EXTRACTED MATERIAL:
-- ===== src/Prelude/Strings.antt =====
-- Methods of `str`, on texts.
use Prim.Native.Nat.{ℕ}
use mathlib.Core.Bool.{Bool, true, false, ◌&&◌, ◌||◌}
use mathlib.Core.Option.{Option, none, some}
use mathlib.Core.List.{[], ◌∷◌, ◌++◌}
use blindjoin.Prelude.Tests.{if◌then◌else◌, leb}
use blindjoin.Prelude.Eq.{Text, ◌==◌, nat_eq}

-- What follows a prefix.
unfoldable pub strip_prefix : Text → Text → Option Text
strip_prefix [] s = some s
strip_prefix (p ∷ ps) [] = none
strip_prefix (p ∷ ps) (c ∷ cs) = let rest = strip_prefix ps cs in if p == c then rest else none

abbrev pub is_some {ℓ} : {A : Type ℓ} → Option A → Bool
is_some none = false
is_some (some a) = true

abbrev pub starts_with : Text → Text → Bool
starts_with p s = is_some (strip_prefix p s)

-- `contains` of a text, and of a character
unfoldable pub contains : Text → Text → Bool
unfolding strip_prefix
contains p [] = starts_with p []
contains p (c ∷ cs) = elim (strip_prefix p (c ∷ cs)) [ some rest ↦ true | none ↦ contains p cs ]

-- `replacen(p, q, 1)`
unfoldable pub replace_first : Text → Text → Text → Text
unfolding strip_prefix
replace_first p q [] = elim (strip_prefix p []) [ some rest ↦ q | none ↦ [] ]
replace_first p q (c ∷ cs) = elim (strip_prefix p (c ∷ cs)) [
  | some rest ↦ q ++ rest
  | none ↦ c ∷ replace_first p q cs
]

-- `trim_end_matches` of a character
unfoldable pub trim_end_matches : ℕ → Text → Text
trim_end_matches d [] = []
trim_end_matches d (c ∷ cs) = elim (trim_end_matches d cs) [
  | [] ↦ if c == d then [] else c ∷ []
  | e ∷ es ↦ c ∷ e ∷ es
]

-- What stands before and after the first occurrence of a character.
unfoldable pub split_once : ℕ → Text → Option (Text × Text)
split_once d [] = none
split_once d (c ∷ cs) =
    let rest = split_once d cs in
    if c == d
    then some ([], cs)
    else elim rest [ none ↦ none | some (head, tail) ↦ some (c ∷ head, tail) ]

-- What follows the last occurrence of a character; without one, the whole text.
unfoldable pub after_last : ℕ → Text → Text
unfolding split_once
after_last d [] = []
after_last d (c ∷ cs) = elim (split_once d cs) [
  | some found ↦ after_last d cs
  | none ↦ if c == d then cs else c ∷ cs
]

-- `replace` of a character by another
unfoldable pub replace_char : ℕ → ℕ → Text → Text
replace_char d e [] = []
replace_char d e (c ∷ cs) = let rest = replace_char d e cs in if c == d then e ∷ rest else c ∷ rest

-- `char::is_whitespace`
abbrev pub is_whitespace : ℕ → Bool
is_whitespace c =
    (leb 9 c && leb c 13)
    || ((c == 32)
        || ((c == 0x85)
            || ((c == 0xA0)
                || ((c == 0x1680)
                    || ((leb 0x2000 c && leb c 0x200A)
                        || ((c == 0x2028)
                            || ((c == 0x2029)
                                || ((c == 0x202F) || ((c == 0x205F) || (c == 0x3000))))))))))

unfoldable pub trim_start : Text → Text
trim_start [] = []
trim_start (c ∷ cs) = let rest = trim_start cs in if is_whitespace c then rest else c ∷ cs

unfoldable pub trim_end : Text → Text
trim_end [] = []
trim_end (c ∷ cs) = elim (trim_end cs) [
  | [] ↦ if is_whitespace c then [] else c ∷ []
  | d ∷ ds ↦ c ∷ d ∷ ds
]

ABOUT THIS EXERCISE:
Out of the data above, set down the lines from the one with "and of a character" to the one with "unfoldable pub trim_end_matches", both included, exactly as written and with no additions.

EXERCISE SOLUTION:
-- `contains` of a text, and of a character
unfoldable pub contains : Text → Text → Bool
unfolding strip_prefix
contains p [] = starts_with p []
contains p (c ∷ cs) = elim (strip_prefix p (c ∷ cs)) [ some rest ↦ true | none ↦ contains p cs ]

-- `replacen(p, q, 1)`
unfoldable pub replace_first : Text → Text → Text → Text
unfolding strip_prefix
replace_first p q [] = elim (strip_prefix p []) [ some rest ↦ q | none ↦ [] ]
replace_first p q (c ∷ cs) = elim (strip_prefix p (c ∷ cs)) [
  | some rest ↦ q ++ rest
  | none ↦ c ∷ replace_first p q cs
]

-- `trim_end_matches` of a character
unfoldable pub trim_end_matches : ℕ → Text → Text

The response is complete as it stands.